The recession of a lifetime followed by the gradual, mostly jobless recovery has been particularly brutal on follicly challenged senior PR professionals, some who even remember JFK’s assassination being announced on school loud speakers and the Beatles on the “Ed Sullivan” show.

Please don’t ask, “Ed, who?”

The crippling downturn that prompted corporate and agency chieftains to cut back on SG&A expenses in the face of declining top lines and deteriorating bottom lines, prompted many displaced high-priced communicators to put out their own shingle.

And yes, there is a certain glamour associated with being your own boss, setting your own hours and commuting from the master suite to your home office or the local upscale coffee parlor with a laptop under your arm. And with it has come a directly related cottage industry of IT professionals charging three-figures per hour to keep home laptops, monitors and docking stations humming along.

There is also the nagging reality associated with incorporating the business, indemnifying the business, finding the business, servicing the business, invoicing the business and nagging the business to pay you…followed by quarterly payments to the IRS.

LinkedIn.com http://www.linkedin.com is loaded with oodles of individual practitioners with impressive corporate sounding names and LLPs, but how many will actually survive? How will they compete against each other, internal communications departments, boutique PR agencies, let alone the big multi-nationals such as Weber Shandwick, Fleishman Hillard, Edelman, Burson-Marsteller and Hill & Knowlton?

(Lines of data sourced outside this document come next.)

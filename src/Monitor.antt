-- ===== src/Monitor.antt =====
-- internal/monitor: health checks, the record of their results, and alerts on transitions.
pub mod Types
pub mod Alerts
pub mod Checks
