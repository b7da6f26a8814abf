-- ===== src/Notify.antt =====
-- internal/notify: the alert relay.
pub mod Relay
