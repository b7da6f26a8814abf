-- ===== src/ReleaseJob.antt =====
-- internal/releasejob: release jobs, their contract, their store and their execution.
pub mod Types
pub mod Contract
pub mod Store
pub mod Executor
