-- ===== src/SecurityWatch.antt =====
-- internal/securitywatch: the reports of the security checks and their delivery.
pub mod Types
pub mod Release
pub mod Tools
pub mod Scans
pub mod Host
pub mod Inventory
pub mod Delivery
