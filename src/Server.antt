-- ===== src/Server.antt =====
-- internal/server: the session store and the rate limiter.
pub mod Sessions
pub mod RateLimit
pub mod ClientIp
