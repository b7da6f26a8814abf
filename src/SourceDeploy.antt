-- ===== src/SourceDeploy.antt =====
-- internal/sourcedeploy: the deployment of a project's reviewed source.
pub mod Types
pub mod Runtime
pub mod Confined
pub mod Staging
pub mod Engine
pub mod Keeps
pub mod StagingKeeps
pub mod Names
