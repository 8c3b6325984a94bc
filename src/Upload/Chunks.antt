-- ===== src/Upload/Chunks.antt =====
-- The loop over the chunks of an upload, run to its end or to the chunk that does not fit.
use mathlib.Core.List.{append_assoc}
use data_relay_grpc.Base.{
  ℕ, ◌+◌, ◌%◌, ◌≤◌, ◌<◌, ◌≡◌, refl, sym, ap, ◌∙◌, Bool, true, List, [], ◌∷◌, ◌++◌, some, arith, map,
  length, flatten, subst, length-append, append-nil,
}
use data_relay_grpc.OrderedMap.{find}
use data_relay_grpc.OrderedMap.Lookup.{find-assign}
use data_relay_grpc.FileSystem.{FilePath, append_output}
use data_relay_grpc.SessionStore.{word}
use data_relay_grpc.Session.{Blob, SessionImpl, Context, reserve_session_store}
use data_relay_grpc.Manager.{Server, with_session, context, absorb}
use data_relay_grpc.Manager.History.{reserves, IsSound, Step-IsSound}
use data_relay_grpc.Outcome.{Outcome, returns}
use data_relay_grpc.Relay.{PutStreamingRequest}
use data_relay_grpc.Upload.{complete, write, receive}
use data_relay_grpc.Upload.Stream.{
  IsStored, absorb-KeepsSessions, Advances, Advances-refl, Advances-trans, granted, reserve_granted,
  with_session_found, node-append_output, append_output-elsewhere,
}

-- the server after a chunk is accepted
abbrev pub accepted :
    (sid bid : ℕ) (path : FilePath) (chunk : List ℕ) → SessionImpl → Blob → Server → Server
accepted sid bid path chunk impl b s =
    write path chunk (absorb sid s (granted bid (length chunk) b (context s impl)))

accepted_call :
    (sid bid : ℕ) (path : FilePath) (bytes chunk : List ℕ) (s : Server)
    (o : IsStored sid bid path bytes s)
    → s.store.quota + length chunk < word
    → s.store.current_size + length chunk ≤ s.store.quota
    → with_session sid (reserve_session_store bid (length chunk)) s
      ≡ (returns true, absorb sid s (granted bid (length chunk) o.blob (context s o.impl)))
accepted_call sid bid path bytes chunk s o fits room =
    let r =
      reserve_granted (context s o.impl) bid (length chunk) o.blob o.sound.booked.set fits room
        o.has in
    with_session_found sid (reserve_session_store bid (length chunk)) s o.impl o.there
    ∙ ap (λ (x : Outcome Bool × Context). (x.0, absorb sid s x.1)) r

accepted-IsSound :
    (sid bid : ℕ) (path : FilePath) (bytes chunk : List ℕ) (s : Server)
    (o : IsStored sid bid path bytes s)
    → s.store.quota + length chunk < word
    → s.store.current_size + length chunk ≤ s.store.quota
    → IsSound 0 (accepted sid bid path chunk o.impl o.blob s)
accepted-IsSound sid bid path bytes chunk s o fits room =
    let v : IsSound 0 (absorb sid s (granted bid (length chunk) o.blob (context s o.impl))) =
      subst (IsSound 0)
        (ap (λ (x : Outcome Bool × Server). x.1)
          (accepted_call sid bid path bytes chunk s o fits room))
        (Step-IsSound (reserves sid bid (length chunk) fits o.there o.has) o.sound) in
    record { registered = v.registered; booked = v.booked }

accepted-IsStored :
    (sid bid : ℕ) (path : FilePath) (bytes chunk : List ℕ) (s : Server)
    (o : IsStored sid bid path bytes s)
    → s.store.quota + length chunk < word
    → s.store.current_size + length chunk ≤ s.store.quota
    → IsStored sid bid path (bytes ++ chunk) (accepted sid bid path chunk o.impl o.blob s)
accepted-IsStored sid bid path bytes chunk s o fits room = record {
  impl = (granted bid (length chunk) o.blob (context s o.impl)).impl;
  blob = record (o.blob) { size = (o.blob.size + length chunk) % word };
  sound = accepted-IsSound sid bid path bytes chunk s o fits room;
  there = ground (
    arith,
    o.there,
    find-assign sid sid (granted bid (length chunk) o.blob (context s o.impl)).impl s.blob_sessions,
  );
  has = ground (
    arith,
    o.has,
    find-assign bid bid (record (o.blob) { size = (o.blob.size + length chunk) % word })
        (o.impl).blobs,
  );
  named = o.named;
  sized = omega (arith, o.sized, o.counted, length-append bytes chunk);
  counted = omega (arith, o.counted, length-append bytes chunk);
  written = node-append_output s.file_system path bytes chunk o.written;
}

accepted-Advances :
    (sid bid : ℕ) (path : FilePath) (chunk : List ℕ) (impl : SessionImpl) (b : Blob) (s : Server)
    → find sid s.blob_sessions ≡ some impl
    → Advances path (length chunk) s (accepted sid bid path chunk impl b s)
unfolding append_output
accepted-Advances sid bid path chunk impl b s there = record {
  used = refl;
  same_quota = refl;
  same_key = refl;
  sessions =
      absorb-KeepsSessions sid s impl (granted bid (length chunk) b (context s impl)) there refl
        refl;
  same_system = record { resolve = refl; can_open = refl; can_remove = refl };
  elsewhere = λ q n. append_output-elsewhere s.file_system path q chunk n;
}

-- A chunk that fits is stored, and the loop goes on.
pub receive-accepted :
    (sid bid : ℕ) (path : FilePath) (bytes chunk : List ℕ) (rest : List PutStreamingRequest)
    (total : ℕ) (s : Server) (o : IsStored sid bid path bytes s)
    → s.store.quota + length chunk < word
    → s.store.current_size + length chunk ≤ s.store.quota
    → receive sid bid path (PutStreamingRequest.chunk chunk ∷ rest) total s
      ≡ receive sid bid path rest
          ((total + length chunk) % word)
          (accepted sid bid path chunk o.impl o.blob s)
unfolding receive
receive-accepted sid bid path bytes chunk rest total s o fits room =
    rw (accepted_call sid bid path bytes chunk s o fits room) refl

-- Chunks that all fit are all stored, one after the other, and the usage grows by their length,
-- whatever comes next.
pub receive_prefix :
    (sid bid : ℕ) (path : FilePath) (bytes : List ℕ) (cs : List (List ℕ))
    (rest : List PutStreamingRequest) (s : Server)
    → IsStored sid bid path bytes s
    → s.store.quota + length (flatten cs) < word
    → s.store.current_size + length (flatten cs) ≤ s.store.quota
    → (t : Server) × (receive sid bid path
          (map PutStreamingRequest.chunk cs ++ rest)
          (length bytes)
          s
        ≡ receive sid bid path rest (length (bytes ++ flatten cs)) t)
      × IsStored sid bid path (bytes ++ flatten cs) t
      × Advances path (length (flatten cs)) s t
unfolding flatten
receive_prefix sid bid path bytes [] rest s o fits room = (
  s,
  ap (λ xs. receive sid bid path rest (length xs) s) (sym (append-nil bytes)),
  subst (λ xs. IsStored sid bid path xs s) (sym (append-nil bytes)) o,
  Advances-refl path s,
)
receive_prefix sid bid path bytes (c ∷ cs) rest s o fits room =
    let split = length-append c (flatten cs) in
    let fits' : s.store.quota + length c < word = omega (arith, split) in
    let room' : s.store.current_size + length c ≤ s.store.quota = omega (arith, split) in
    let s' : Server = accepted sid bid path c o.impl o.blob s in
    let (t, e, p, a) =
      receive_prefix sid bid path (bytes ++ c) cs rest s'
        (accepted-IsStored sid bid path bytes c s o fits' room') (omega (arith, split))
        (omega (arith, split)) in
    let n : (length bytes + length c) % word ≡ length (bytes ++ c) =
      omega (arith, length-append bytes c, o.counted) in
    let same : (bytes ++ c) ++ flatten cs ≡ bytes ++ (c ++ flatten cs) =
      append_assoc bytes c (flatten cs) in
    (
      t,
      receive-accepted sid bid path bytes c (map PutStreamingRequest.chunk cs ++ rest)
            (length bytes) s o fits' room'
          ∙ ap (λ k. receive sid bid path (map PutStreamingRequest.chunk cs ++ rest) k s') n
          ∙ e
          ∙ ap (λ xs. receive sid bid path rest (length xs) t) same,
      subst (λ xs. IsStored sid bid path xs t) same p,
      subst (λ k. Advances path k s t) (sym split)
          (Advances-trans (accepted-Advances sid bid path c o.impl o.blob s o.there) a),
    )

pub receive_end :
    (sid bid : ℕ) (path : FilePath) (total : ℕ) (s : Server)
    → receive sid bid path [] total s ≡ (returns (complete total), s)
unfolding receive
receive_end sid bid path total s = refl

The answer is that some will ultimately thrive in an improving economy, but most will struggle to simply pay ze mortgage. This brings up another question: Is there another way of turning adversity into opportunity?

Two weeks ago, I took the GRE…the dreaded Graduate Records Examination http://www.ets.org/gre/. Why would I put myself through weeks of masochistic prep work to endure 3.5 hours of essays, critical readings and verbal/math multiple-guess questions? The answer is there is another way of setting your own course than starting your own business.

Personally, I am contemplating mentoring the next generations of strategic communicators. At least four of my colleagues are now teaching at USC, Santa Clara, Arizona State and Michigan State respectively. Why can’t I do the same?

One of them chose academics in part because as the political editor of a major metropolitan daily he grew weary of “having to layoff my friends.”

My PR career has spanned 28 years, including service in the public sector, two trade associations, one publicly traded technology company and an international public relations agency. The purpose of this recital is not to boast but to ask a vital question: What am I accomplishing if I extend this track record to 30 years? Or 32 years? Or even 40 years?

I have been accepted to both the University of Oregon Graduate School and the Graduate School of the UO School of Journalism and Communication http://www.jcomm.uoregon.edu/. A huge decision faces me around May 1 and that involves picking up stakes and moving my lounge act from Northern California to Eugene, Oregon in time for the first classes on September 27. The goal is to receive a master’s degree in “Communication and Society” and eventually to serve as an associate professor/instructor in strategic communications.

Certainly, I have been repeatedly warned about the corresponding loss of income and academic politics; how they eat their own (e.g. you can’t teach at the school in which you received your master’s degree). After years of state government and corporate backroom wheeling and dealing, a little academic politics sounds like more of the same just in a different locale.

We have all heard the homage that “Those who can’t, teach.” To those who want to attach that moniker to me, I simply say, “Bring it on.” More importantly, can senior communicators apply our energies, knowledge and experience to helping the next generations of strategic communicators in this rapidly changing digital age? And how many more would like to join me in this (hopefully) noble quest?

We may look back years from now and realize that the economic downturn (being charitable here) was just the kick in the-you-know-where that many of us needed. It may prompt us to do what we want to do rather than what someone else wants us to do.